In an effort to open up more options, we asked the client if they’d be open to using more traditional materials for the portions of the vents that couldn’t be completely 3D printed. They were open to the idea, and with the green light, we set to work on a final solution.

Once we started the job, we realized that, due to how the vents were constructed in both the stock design and the 3D printing digital file, there were parts that could fit on our print beds and there were parts that could not. Regardless of how hard we tried, there were strength issues getting in the way.

To combat the issue, we 3D printed all of the parts that could fit on our bed size, and for the parts that were too large, we created them using traditional materials.

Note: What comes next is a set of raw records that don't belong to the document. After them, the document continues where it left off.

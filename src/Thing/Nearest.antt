-- ===== src/Thing/Nearest.antt =====
-- pkg/model/thing/manager.go: the nearest characteristic and property set of a name, and what a thing
-- type adds to a walk.
use harns.Prelude.{
  ℕ, ◌≡◌, refl, sym, ap, ◌∙◌, inl, inr, arith, Option, none, some, List, [], ◌∷◌, Bool-cases,
  if◌then◌else◌, or_else, or_else-none, or_else_assoc,
}
use harns.Prelude.Bytes.{eq_bytes}
use harns.Prelude.Dict.{Dict, load, has_key, offer, load-offer}
use harns.Thing.{ThingType, Characteristic, PropertySet}
use harns.Thing.Inherit.{
  absorb_characteristic, absorb_property_set, absorb_characteristics, absorb_property_sets,
  inherit_characteristics, inherit_property_sets,
}

-- The first of a name.
abbrev pub first_characteristic : List Characteristic → List ℕ → Option Characteristic
first_characteristic [] q = none
first_characteristic (c ∷ cs) q =
    let rest = first_characteristic cs q in if eq_bytes c.name q then some c else rest

abbrev pub first_property_set : List PropertySet → List ℕ → Option PropertySet
first_property_set [] q = none
first_property_set (ps ∷ pss) q =
    let rest = first_property_set pss q in if eq_bytes ps.name q then some ps else rest

-- The nearest of a name in a line of thing types.
unfoldable pub nearest_characteristic : List ThingType → List ℕ → Option Characteristic
nearest_characteristic [] q = none
nearest_characteristic (ty ∷ line) q =
    or_else (first_characteristic ty.characteristics q) (nearest_characteristic line q)

unfoldable pub nearest_property_set : List ThingType → List ℕ → Option PropertySet
nearest_property_set [] q = none
nearest_property_set (ty ∷ line) q =
    or_else (first_property_set ty.property_sets q) (nearest_property_set line q)

first_characteristic-cons :
    (c : Characteristic) (cs : List Characteristic) (q : List ℕ)
    → or_else (if eq_bytes c.name q then some c else none) (first_characteristic cs q)
      ≡ first_characteristic (c ∷ cs) q
first_characteristic-cons c cs q = ground arith

first_property_set-cons :
    (ps : PropertySet) (pss : List PropertySet) (q : List ℕ)
    → or_else (if eq_bytes ps.name q then some ps else none) (first_property_set pss q)
      ≡ first_property_set (ps ∷ pss) q
first_property_set-cons ps pss q = ground arith

pub inherit_characteristics_lem :
    (cs : List Characteristic) (d : Dict Characteristic) (q : List ℕ)
    → load (inherit_characteristics d cs) q ≡ or_else (load d q) (first_characteristic cs q)
unfolding inherit_characteristics
inherit_characteristics_lem [] d q = sym (or_else-none (load d q))
inherit_characteristics_lem (c ∷ cs) d q =
    inherit_characteristics_lem cs (offer d c.name c) q
    ∙ rw (load-offer d c.name c q, or_else_assoc, first_characteristic-cons c cs q) refl

pub inherit_property_sets_lem :
    (pss : List PropertySet) (d : Dict PropertySet) (q : List ℕ)
    → load (inherit_property_sets d pss) q ≡ or_else (load d q) (first_property_set pss q)
unfolding inherit_property_sets
inherit_property_sets_lem [] d q = sym (or_else-none (load d q))
inherit_property_sets_lem (ps ∷ pss) d q =
    inherit_property_sets_lem pss (offer d ps.name ps) q
    ∙ rw (load-offer d ps.name ps q, or_else_assoc, first_property_set-cons ps pss q) refl

-- The two loops over one thing type do the same to the maps.
absorb_characteristic-maps :
    (rtt : ThingType) (c : Characteristic)
    → ((absorb_characteristic rtt c).characteristic_by_name
        ≡ offer rtt.characteristic_by_name c.name c)
      × ((absorb_characteristic rtt c).property_set_by_name ≡ rtt.property_set_by_name)
absorb_characteristic-maps rtt c = elim (Bool-cases (has_key rtt.characteristic_by_name c.name)) [
  | inl q ↦ (rw q refl, rw q refl)
  | inr q ↦ (rw q refl, rw q refl)
]

absorb_property_set-maps :
    (rtt : ThingType) (ps : PropertySet)
    → ((absorb_property_set rtt ps).characteristic_by_name ≡ rtt.characteristic_by_name)
      × ((absorb_property_set rtt ps).property_set_by_name
          ≡ offer rtt.property_set_by_name ps.name ps)
absorb_property_set-maps rtt ps = elim (Bool-cases (has_key rtt.property_set_by_name ps.name)) [
  | inl q ↦ (rw q refl, rw q refl)
  | inr q ↦ (rw q refl, rw q refl)
]

absorb_characteristics-maps :
    (cs : List Characteristic) (rtt : ThingType)
    → ((absorb_characteristics rtt cs).characteristic_by_name
        ≡ inherit_characteristics rtt.characteristic_by_name cs)
      × ((absorb_characteristics rtt cs).property_set_by_name ≡ rtt.property_set_by_name)
unfolding absorb_characteristics inherit_characteristics
absorb_characteristics-maps [] rtt = (refl, refl)
absorb_characteristics-maps (c ∷ cs) rtt =
    let (p, q) = absorb_characteristics-maps cs (absorb_characteristic rtt c) in
    let (p', q') = absorb_characteristic-maps rtt c in
    (p ∙ ap (λ (d : Dict Characteristic). inherit_characteristics d cs) p', q ∙ q')

absorb_property_sets-maps :
    (pss : List PropertySet) (rtt : ThingType)
    → ((absorb_property_sets rtt pss).characteristic_by_name ≡ rtt.characteristic_by_name)
      × ((absorb_property_sets rtt pss).property_set_by_name
          ≡ inherit_property_sets rtt.property_set_by_name pss)
unfolding absorb_property_sets inherit_property_sets
absorb_property_sets-maps [] rtt = (refl, refl)
absorb_property_sets-maps (ps ∷ pss) rtt =
    let (p, q) = absorb_property_sets-maps pss (absorb_property_set rtt ps) in
    let (p', q') = absorb_property_set-maps rtt ps in
    (p ∙ p', q ∙ ap (λ (d : Dict PropertySet). inherit_property_sets d pss) q')

-- What one thing type adds.
pub absorb-load :
    (rtt ty : ThingType) (q : List ℕ)
    → (rtt' : ThingType) × (absorb_property_sets
          (absorb_characteristics rtt ty.characteristics)
          ty.property_sets
        ≡ rtt')
      × (load rtt'.characteristic_by_name q
          ≡ or_else (load rtt.characteristic_by_name q) (first_characteristic ty.characteristics q))
      × (load rtt'.property_set_by_name q
          ≡ or_else (load rtt.property_set_by_name q) (first_property_set ty.property_sets q))
absorb-load rtt ty q =
    let mid = absorb_characteristics rtt ty.characteristics in
    let (a, b) = absorb_characteristics-maps ty.characteristics rtt in
    let (c, d) = absorb_property_sets-maps ty.property_sets mid in
    (
      absorb_property_sets mid ty.property_sets,
      refl,
      ap (λ (m : Dict Characteristic). load m q) (c ∙ a)
          ∙ inherit_characteristics_lem ty.characteristics rtt.characteristic_by_name q,
      ap (λ (m : Dict PropertySet). load m q) d
          ∙ inherit_property_sets_lem ty.property_sets mid.property_set_by_name q
          ∙ ap
              (λ (m : Dict PropertySet). or_else (load m q) (first_property_set ty.property_sets q))
              b,
    )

Could this fusion of old and new technologies work, be fully functional, and look presentable on a luxury yacht? In order to find out, we had to build a prototype.

A Mix of Two Industries


We needed a material that was well suited for marine application, compatible with the 3D printing materials we planned to use (either PLA or ABS), and within our assigned budget. Once we acquired the material, the traditionally manufactured parts were the easiest to plan because they only required a simple measure and cut job. The 3D printed parts posed a greater challenge because they had far more cuts than the traditional material parts and their accuracy would be the determining factor in the finished vent’s fit, quality, and strength.

Our team went through several iterations of these parts until we landed on ones that fit within our printing capabilities while also maintaining the durability and strength compatibility with our other materials. After some exhaustive work, we created a prototype we felt was suitable for client approval.
After an initial test fit and demonstration, the client approved the vents for full production, and we moved forward with the remaining order.

A Final Solution


In this scenario, both 3D printing and traditional printing had limitations concerning the complexity of hand cuts and accuracy. Neither method was better than the other, but the combination of both was greater than what each could have accomplished on its own. By combining the old manufacturing methods with the modern innovation of 3D printing, we were able to fuse together the benefits of both and create parts that were accurate, cost-effective, replicable, stronger and faster to produce.

In order to propel 3D printing forward and incorporate it into the standard manufacturing processes of various industries, we have to look past the obvious and present our clients with a plethora of options.

It’s our goal at Halo Technologies to find solutions born from the intersection of traditional manufacturing challenges and 3D printing.